Exercise directions - In the listing below, find every line with the string "projected" and pull it out.

== Segment start ==

-- ===== src/Server/LogRetention/Books.antt =====
-- The sums of `plan_log_maintenance` (apps/lmt-server/src/lib.rs).
use lzu_mirror_tools.Prelude.{
  ℕ, ◌+◌, ◌≡◌, refl, sym, ap, ap₂, subst, ◌∙◌, Bool, true, false, not, ◌&&◌, ◌||◌, Option, List, [],
  ◌∷◌, ◌++◌, ◌==◌, arith, Bool-cases, leb, inl, inr, Memᴰ, if◌then◌else◌, is_none,
}
use lzu_mirror_tools.Prelude.Int.{ℤ}
use lzu_mirror_tools.Prelude.Text.{text_eq, text_eq_refl, text_eq_comm}
use lzu_mirror_tools.Prelude.Tables.{exists_where, where_rows, All, Distinct}
use lzu_mirror_tools.Prelude.Tables.Select.{exists_where-append, exists_where-All, All-Mem}
use lzu_mirror_tools.Store.Logs.{LogRetentionEntry}
use lzu_mirror_tools.Store.Logs.Keys.{same_entry}
use lzu_mirror_tools.Server.LogRetention.{
  LogExpirationView, Progress, live, stored_sum, expire_sum, names, push, is_older, expire_by_age,
  expire_by_size,
}

abbrev is_planned : List LogExpirationView → LogRetentionEntry → Bool
is_planned cs e = exists_where (λ c. text_eq c.run_id e.run_id && c.attempt == e.attempt_no) cs

-- The bytes of the logs that have not expired and are no candidates.
abbrev pub left_bytes : List LogExpirationView → List LogRetentionEntry → ℕ
left_bytes cs [] = 0
left_bytes cs (e ∷ es) =
    (if is_none e.expired_at_ms && not (is_planned cs e) then e.stored_bytes else 0)
    + left_bytes cs es

pub left_bytes-stored :
    (es : List LogRetentionEntry) → left_bytes [] es ≡ stored_sum (where_rows live es)
unfolding where_rows live exists_where
left_bytes-stored [] = refl
left_bytes-stored (e ∷ es) = elim (Bool-cases (is_none e.expired_at_ms)) [
  | inl t ↦ rw t (omega (arith, left_bytes-stored es))
  | inr f ↦ rw f (omega (arith, left_bytes-stored es))
]

abbrev view_of : LogRetentionEntry → LogExpirationView
view_of e = record { run_id = e.run_id; attempt = e.attempt_no; stored_bytes = e.stored_bytes }

-- One candidate more names its entry and no other.
is_planned-more :
    (cs : List LogExpirationView) (e x : LogRetentionEntry)
    → is_planned (cs ++ view_of e ∷ []) x ≡ (is_planned cs x || same_entry e x)
unfolding exists_where
is_planned-more cs e x =
    let h =
      exists_where-append (λ c. text_eq c.run_id x.run_id && c.attempt == x.attempt_no) cs
        (view_of e ∷ []) in
    h ∙ ap (λ b. is_planned cs x || b) (ground arith)

left_bytes-apart :
    (cs : List LogExpirationView) (e : LogRetentionEntry) (es : List LogRetentionEntry)
    → exists_where (same_entry e) es ≡ false
    → left_bytes (cs ++ view_of e ∷ []) es ≡ left_bytes cs es
unfolding exists_where
left_bytes-apart cs e [] h = refl
left_bytes-apart cs e (x ∷ es) h =
    let f : same_entry e x ≡ false = ground (arith, h) in
    let n : exists_where (same_entry e) es ≡ false = ground (arith, h) in
    let same : is_planned (cs ++ view_of e ∷ []) x ≡ is_planned cs x =
      is_planned-more cs e x ∙ ground (arith, f) in
    ap₂ (λ (b : Bool) (k : ℕ). (if is_none x.expired_at_ms && not b then x.stored_bytes else 0) + k)
      same (left_bytes-apart cs e es n)

same_entry_refl : (e : LogRetentionEntry) → same_entry e e ≡ true
same_entry_refl e = ground (arith, text_eq_refl e.run_id)

chosen :
    (a b c : Bool) (n : ℕ)
    → a ≡ true
    → b ≡ false
    → c ≡ true
    → (if a && not c then n else 0) + n ≡ (if a && not b then n else 0)
chosen a b c n h k l = rw (h, k, l) (omega arith)

left_bytes-more :
    (cs : List LogExpirationView) (e : LogRetentionEntry) (es : List LogRetentionEntry)
    → Distinct same_entry es
    → Memᴰ e es
    → is_none e.expired_at_ms ≡ true
    → is_planned cs e ≡ false
    → left_bytes (cs ++ view_of e ∷ []) es + e.stored_bytes ≡ left_bytes cs es
left_bytes-more cs e [] d m h k = elim m [ ]
left_bytes-more cs e (x ∷ es) d (Memᴰ.head q) h k =
    subst
      (λ y. left_bytes (cs ++ view_of e ∷ []) (y ∷ es) + e.stored_bytes ≡ left_bytes cs (y ∷ es)) q
      (omega (
        arith,
        left_bytes-apart cs e es (subst (λ y. exists_where (same_entry y) es ≡ false) (sym q) d.0),
        chosen (is_none e.expired_at_ms) (is_planned cs e) (is_planned (cs ++ view_of e ∷ []) e)
            e.stored_bytes h k (is_planned-more cs e e ∙ ground (arith, same_entry_refl e)),
      ))
left_bytes-more cs e (x ∷ es) d (Memᴰ.tail m) h k =
    let f : same_entry e x ≡ false = other x es d.0 m in
    let same : is_planned (cs ++ view_of e ∷ []) x ≡ is_planned cs x =
      is_planned-more cs e x ∙ ground (arith, f) in
    rw same (omega (arith, left_bytes-more cs e es d.1 m h k))
  where
    other :
        (x : LogRetentionEntry) (es : List LogRetentionEntry)
        → exists_where (same_entry x) es ≡ false
        → Memᴰ e es
        → same_entry e x ≡ false
    other x es n m =
        let f : same_entry x e ≡ false =
          All-Mem (λ y. same_entry x y ≡ false) es (exists_where-All (same_entry x) es n) m in
        let c = text_eq_comm e.run_id x.run_id in ground (arith, f, c)

expire_sum-append :
    (cs : List LogExpirationView) (c : LogExpirationView)
    → expire_sum (cs ++ c ∷ []) ≡ expire_sum cs + c.stored_bytes
expire_sum-append [] c = omega arith
expire_sum-append (x ∷ cs) c = omega (arith, expire_sum-append cs c)

-- What is projected, and what the candidates take, of all entries.
pub record Books (base : List LogRetentionEntry) (s : Progress) : Type 0 where
  pub projected : s.0 ≡ left_bytes s.1 base
  pub total : left_bytes s.1 base + expire_sum s.1 ≡ stored_sum (where_rows live base)

module _ (base : List LogRetentionEntry) (keyed : Distinct same_entry base) where
  pub push-Books :
      (e : LogRetentionEntry) (s : Progress)
      → Memᴰ e base
      → live e ≡ true
      → exists_where (names e) s.1 ≡ false
      → Books base s
      → Books base (push e s)
  unfolding push live names
  push-Books e (projected, cs) m h k b =
      let more = left_bytes-more cs e base keyed m h k in
      let p = b.projected in
      let t = b.total in
      record {
        projected = omega (arith, more, p);
        total = omega (arith, more, t, expire_sum-append cs (view_of e));
      }

  -- The entries to come, of which none is a candidate yet.
  abbrev pub Fresh : Progress → List LogRetentionEntry → Type 0
  Fresh s es = All (λ e. exists_where (names e) s.1 ≡ false) es

  push-Fresh :
      (e : LogRetentionEntry) (s : Progress) (es : List LogRetentionEntry)
      → exists_where (same_entry e) es ≡ false
      → Fresh s es
      → Fresh (push e s) es
  unfolding push names exists_where
  push-Fresh e s [] h k = tt
  push-Fresh e (projected, cs) (x ∷ es) h k =
      let f : same_entry e x ≡ false = ground (arith, h) in
      (
        is_planned-more cs e x ∙ ground (arith, f, k.0),
        push-Fresh e (projected, cs) es (ground (arith, h)) k.1,
      )

  pub expire_by_age-Books :
      (cutoff : Option ℤ) (es : List LogRetentionEntry) (s : Progress)
      → ((e : LogRetentionEntry) → Memᴰ e es → Memᴰ e base × (live e ≡ true))
      → Distinct same_entry es
      → Fresh s es
      → Books base s
      → Books base (expire_by_age cutoff es s)
  unfolding expire_by_age
  expire_by_age-Books cutoff [] s sub d f b = b
  expire_by_age-Books cutoff (e ∷ es) s sub d f b =
      let rest : (x : LogRetentionEntry) → Memᴰ x es → Memᴰ x base × (live x ≡ true) =
        λ x m. sub x (Memᴰ.tail m) in
      let (m, h) = sub e (Memᴰ.head refl) in
      elim (Bool-cases (is_older cutoff e)) [
        | inl t ↦ rw t (
            expire_by_age-Books cutoff es (push e s) rest d.1 (push-Fresh e s es d.0 f.1)
              (push-Books e s m h f.0 b))
        | inr n ↦ rw n (expire_by_age-Books cutoff es s rest d.1 f.1 b)
      ]

  pub expire_by_size-Books :
      (cap : ℕ) (es : List LogRetentionEntry) (s : Progress)
      → ((e : LogRetentionEntry) → Memᴰ e es → Memᴰ e base × (live e ≡ true))
      → Books base s
      → Books base (expire_by_size cap es s)
  unfolding expire_by_size
  expire_by_size-Books cap [] s sub b = b
  expire_by_size-Books cap (e ∷ es) s sub b =
      let rest : (x : LogRetentionEntry) → Memᴰ x es → Memᴰ x base × (live x ≡ true) =
        λ x m. sub x (Memᴰ.tail m) in
      let (m, h) = sub e (Memᴰ.head refl) in
      elim (Bool-cases (leb s.0 cap)) [
        | inl t ↦ rw t b
        | inr f ↦ elim (Bool-cases (exists_where (names e) s.1)) [
          | inl t ↦ rw (f, t) (expire_by_size-Books cap es s rest b)
          | inr n ↦ rw (f, n) (expire_by_size-Books cap es (push e s) rest (push-Books e s m h n b))
        ]
      ]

== Segment end ==

Written solution -
-- What is projected, and what the candidates take, of all entries.
  pub projected : s.0 ≡ left_bytes s.1 base
  push-Books e (projected, cs) m h k b =
      let p = b.projected in
        projected = omega (arith, more, p);
  push-Fresh e (projected, cs) (x ∷ es) h k =
        push-Fresh e (projected, cs) es (ground (arith, h)) k.1,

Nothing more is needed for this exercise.